#### Exercise
Lines below starting with the line with "(now id : ℕ) (o : CallOutcome) (receipt" and going on through the line with "(now id : ℕ) (o : CallOutcome) (before" must be output exactly; the rest of the records must be left out.

#### Available data
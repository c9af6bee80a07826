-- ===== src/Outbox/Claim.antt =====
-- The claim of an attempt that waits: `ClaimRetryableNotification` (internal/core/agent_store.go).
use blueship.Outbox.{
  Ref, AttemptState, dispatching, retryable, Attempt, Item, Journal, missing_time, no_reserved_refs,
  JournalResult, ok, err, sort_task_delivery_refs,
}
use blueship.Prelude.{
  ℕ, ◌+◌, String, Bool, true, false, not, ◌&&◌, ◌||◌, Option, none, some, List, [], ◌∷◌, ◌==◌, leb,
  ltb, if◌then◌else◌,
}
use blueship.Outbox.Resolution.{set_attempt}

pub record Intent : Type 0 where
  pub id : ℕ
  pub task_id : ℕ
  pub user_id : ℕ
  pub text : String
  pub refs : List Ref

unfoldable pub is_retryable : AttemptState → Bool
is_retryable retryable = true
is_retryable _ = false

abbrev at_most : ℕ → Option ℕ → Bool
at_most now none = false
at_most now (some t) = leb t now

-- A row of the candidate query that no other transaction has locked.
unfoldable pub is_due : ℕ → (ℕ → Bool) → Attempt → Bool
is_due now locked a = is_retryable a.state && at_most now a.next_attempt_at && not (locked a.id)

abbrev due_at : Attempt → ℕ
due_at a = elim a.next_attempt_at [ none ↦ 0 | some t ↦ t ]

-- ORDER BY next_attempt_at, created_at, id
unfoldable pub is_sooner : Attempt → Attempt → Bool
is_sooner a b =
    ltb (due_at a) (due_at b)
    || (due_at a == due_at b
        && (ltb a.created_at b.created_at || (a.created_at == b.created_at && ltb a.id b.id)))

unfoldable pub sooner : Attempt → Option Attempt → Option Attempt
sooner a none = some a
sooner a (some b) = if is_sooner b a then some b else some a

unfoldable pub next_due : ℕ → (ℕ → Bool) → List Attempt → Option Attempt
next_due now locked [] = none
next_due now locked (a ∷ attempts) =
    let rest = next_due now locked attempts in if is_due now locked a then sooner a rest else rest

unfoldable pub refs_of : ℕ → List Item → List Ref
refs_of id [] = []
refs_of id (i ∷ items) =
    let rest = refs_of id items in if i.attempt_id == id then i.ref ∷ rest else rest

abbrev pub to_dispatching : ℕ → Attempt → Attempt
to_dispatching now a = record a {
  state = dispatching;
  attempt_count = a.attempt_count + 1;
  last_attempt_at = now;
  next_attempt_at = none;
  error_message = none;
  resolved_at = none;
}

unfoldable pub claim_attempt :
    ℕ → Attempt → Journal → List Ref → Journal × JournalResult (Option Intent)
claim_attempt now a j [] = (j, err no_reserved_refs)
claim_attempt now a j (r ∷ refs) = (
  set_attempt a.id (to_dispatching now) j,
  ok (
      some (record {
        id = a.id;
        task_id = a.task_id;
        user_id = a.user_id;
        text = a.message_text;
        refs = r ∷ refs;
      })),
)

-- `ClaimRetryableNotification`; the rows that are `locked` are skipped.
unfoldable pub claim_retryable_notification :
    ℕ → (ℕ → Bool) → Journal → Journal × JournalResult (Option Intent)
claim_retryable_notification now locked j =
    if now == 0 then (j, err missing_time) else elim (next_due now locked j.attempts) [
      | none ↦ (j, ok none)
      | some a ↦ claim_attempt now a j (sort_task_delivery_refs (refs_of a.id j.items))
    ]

---

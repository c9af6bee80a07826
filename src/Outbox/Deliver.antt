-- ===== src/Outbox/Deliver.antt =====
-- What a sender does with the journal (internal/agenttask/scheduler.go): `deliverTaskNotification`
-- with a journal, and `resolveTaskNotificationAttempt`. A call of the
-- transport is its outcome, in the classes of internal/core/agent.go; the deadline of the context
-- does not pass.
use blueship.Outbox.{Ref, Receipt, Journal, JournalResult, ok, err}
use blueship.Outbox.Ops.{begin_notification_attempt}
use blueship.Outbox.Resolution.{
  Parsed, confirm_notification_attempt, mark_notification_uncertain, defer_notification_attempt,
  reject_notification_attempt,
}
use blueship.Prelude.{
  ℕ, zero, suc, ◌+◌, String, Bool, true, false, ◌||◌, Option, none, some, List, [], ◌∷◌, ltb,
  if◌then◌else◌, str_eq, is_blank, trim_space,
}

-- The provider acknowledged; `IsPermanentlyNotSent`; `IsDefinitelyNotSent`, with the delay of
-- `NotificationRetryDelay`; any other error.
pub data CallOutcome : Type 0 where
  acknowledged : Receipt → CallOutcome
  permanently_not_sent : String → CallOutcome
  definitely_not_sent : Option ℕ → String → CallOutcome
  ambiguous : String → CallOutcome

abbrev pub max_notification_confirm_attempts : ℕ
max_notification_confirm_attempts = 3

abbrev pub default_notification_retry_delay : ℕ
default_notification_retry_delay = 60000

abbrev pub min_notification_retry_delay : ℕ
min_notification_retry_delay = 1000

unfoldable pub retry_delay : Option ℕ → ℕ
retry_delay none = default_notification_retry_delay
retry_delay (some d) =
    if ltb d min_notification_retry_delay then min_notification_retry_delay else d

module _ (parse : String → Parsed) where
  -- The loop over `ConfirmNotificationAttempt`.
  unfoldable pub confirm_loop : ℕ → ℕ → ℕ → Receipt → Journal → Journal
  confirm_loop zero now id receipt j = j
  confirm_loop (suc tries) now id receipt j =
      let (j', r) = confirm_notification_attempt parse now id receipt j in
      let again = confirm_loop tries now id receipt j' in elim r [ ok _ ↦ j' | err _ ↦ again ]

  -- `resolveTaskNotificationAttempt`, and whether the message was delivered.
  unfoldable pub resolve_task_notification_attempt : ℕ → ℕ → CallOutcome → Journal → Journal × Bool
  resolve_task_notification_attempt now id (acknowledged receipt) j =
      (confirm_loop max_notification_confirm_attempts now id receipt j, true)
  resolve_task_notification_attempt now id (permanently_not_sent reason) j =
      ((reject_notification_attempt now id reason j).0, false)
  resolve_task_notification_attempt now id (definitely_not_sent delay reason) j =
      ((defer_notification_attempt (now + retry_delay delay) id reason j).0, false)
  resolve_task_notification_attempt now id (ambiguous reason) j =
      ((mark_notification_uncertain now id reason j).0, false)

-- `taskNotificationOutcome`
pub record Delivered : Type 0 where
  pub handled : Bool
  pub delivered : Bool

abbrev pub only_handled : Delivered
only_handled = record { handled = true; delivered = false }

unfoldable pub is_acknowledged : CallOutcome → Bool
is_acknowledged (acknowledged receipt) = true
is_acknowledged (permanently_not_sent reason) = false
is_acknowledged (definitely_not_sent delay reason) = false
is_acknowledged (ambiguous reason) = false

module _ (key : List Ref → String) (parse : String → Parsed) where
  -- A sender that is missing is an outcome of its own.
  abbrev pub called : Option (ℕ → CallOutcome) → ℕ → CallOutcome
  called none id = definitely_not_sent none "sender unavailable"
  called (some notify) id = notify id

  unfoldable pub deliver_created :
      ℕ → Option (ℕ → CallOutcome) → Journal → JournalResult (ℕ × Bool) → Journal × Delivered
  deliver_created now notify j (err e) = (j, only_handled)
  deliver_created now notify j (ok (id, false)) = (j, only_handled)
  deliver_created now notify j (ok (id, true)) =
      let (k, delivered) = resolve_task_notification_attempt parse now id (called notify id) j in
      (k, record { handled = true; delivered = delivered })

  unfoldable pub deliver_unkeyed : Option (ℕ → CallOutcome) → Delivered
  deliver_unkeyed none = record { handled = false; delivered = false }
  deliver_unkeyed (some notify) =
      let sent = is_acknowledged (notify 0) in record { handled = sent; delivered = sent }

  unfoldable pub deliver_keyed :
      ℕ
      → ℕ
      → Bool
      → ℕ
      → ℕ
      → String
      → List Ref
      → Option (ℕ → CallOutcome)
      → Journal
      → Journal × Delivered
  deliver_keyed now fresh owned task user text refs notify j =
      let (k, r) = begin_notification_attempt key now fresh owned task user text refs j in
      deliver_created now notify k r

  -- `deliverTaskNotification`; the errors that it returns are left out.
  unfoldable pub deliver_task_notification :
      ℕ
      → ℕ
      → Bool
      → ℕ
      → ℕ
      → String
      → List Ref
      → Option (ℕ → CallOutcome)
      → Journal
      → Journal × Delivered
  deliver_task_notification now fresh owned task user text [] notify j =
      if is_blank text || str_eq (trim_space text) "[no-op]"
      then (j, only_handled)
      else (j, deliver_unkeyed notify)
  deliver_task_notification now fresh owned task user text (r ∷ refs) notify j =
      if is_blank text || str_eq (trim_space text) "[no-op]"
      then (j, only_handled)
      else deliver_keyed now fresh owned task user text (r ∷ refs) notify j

---

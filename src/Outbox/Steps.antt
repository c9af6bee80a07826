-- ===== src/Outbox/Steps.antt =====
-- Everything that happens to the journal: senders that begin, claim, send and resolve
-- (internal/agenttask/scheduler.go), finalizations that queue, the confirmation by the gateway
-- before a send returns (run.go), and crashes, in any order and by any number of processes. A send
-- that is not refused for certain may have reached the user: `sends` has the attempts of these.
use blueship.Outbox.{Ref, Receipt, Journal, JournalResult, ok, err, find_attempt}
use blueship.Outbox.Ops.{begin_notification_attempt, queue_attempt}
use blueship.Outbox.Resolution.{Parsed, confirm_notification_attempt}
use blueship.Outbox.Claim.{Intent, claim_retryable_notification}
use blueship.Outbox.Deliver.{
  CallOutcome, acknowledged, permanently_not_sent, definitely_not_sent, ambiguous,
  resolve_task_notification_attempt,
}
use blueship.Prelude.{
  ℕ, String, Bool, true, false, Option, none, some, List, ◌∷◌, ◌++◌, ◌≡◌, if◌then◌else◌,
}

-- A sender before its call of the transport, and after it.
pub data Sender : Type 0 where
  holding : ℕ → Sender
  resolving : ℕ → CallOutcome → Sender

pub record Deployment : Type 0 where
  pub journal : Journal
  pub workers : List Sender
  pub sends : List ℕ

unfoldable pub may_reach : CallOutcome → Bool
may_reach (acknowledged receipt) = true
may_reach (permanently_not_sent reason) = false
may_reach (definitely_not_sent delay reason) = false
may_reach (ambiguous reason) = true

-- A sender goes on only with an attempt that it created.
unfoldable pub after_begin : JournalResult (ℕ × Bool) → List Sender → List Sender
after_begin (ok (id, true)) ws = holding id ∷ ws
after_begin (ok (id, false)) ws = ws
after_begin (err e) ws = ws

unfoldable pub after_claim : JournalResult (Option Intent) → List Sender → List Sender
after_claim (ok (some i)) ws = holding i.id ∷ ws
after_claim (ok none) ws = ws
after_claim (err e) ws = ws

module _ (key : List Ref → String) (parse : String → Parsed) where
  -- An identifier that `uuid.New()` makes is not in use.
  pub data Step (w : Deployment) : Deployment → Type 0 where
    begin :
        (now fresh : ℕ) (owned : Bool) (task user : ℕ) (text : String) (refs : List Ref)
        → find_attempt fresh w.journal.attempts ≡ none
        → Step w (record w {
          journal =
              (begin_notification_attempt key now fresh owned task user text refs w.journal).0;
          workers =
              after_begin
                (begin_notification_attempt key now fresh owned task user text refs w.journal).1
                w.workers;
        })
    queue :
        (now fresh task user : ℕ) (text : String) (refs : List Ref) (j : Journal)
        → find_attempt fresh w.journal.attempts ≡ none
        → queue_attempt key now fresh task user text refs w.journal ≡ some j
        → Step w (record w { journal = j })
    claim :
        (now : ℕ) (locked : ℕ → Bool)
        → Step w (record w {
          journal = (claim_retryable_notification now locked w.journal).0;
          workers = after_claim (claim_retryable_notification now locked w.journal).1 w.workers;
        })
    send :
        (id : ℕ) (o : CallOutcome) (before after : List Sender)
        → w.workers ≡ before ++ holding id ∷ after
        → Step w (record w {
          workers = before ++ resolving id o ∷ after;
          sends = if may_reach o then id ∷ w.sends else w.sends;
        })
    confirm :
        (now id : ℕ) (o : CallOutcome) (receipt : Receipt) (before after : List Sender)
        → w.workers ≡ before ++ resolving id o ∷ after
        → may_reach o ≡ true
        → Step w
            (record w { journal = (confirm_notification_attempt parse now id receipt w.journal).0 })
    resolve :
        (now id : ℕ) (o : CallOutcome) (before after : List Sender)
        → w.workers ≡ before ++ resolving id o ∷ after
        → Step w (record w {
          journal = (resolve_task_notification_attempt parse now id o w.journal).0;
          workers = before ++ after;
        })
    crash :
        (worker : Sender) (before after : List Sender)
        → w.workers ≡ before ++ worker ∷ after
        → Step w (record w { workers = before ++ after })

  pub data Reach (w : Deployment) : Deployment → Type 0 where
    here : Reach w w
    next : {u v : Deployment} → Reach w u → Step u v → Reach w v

#### Task result
        (now id : ℕ) (o : CallOutcome) (receipt : Receipt) (before after : List Sender)
        → w.workers ≡ before ++ resolving id o ∷ after
        → may_reach o ≡ true
        → Step w
            (record w { journal = (confirm_notification_attempt parse now id receipt w.journal).0 })
    resolve :
        (now id : ℕ) (o : CallOutcome) (before after : List Sender)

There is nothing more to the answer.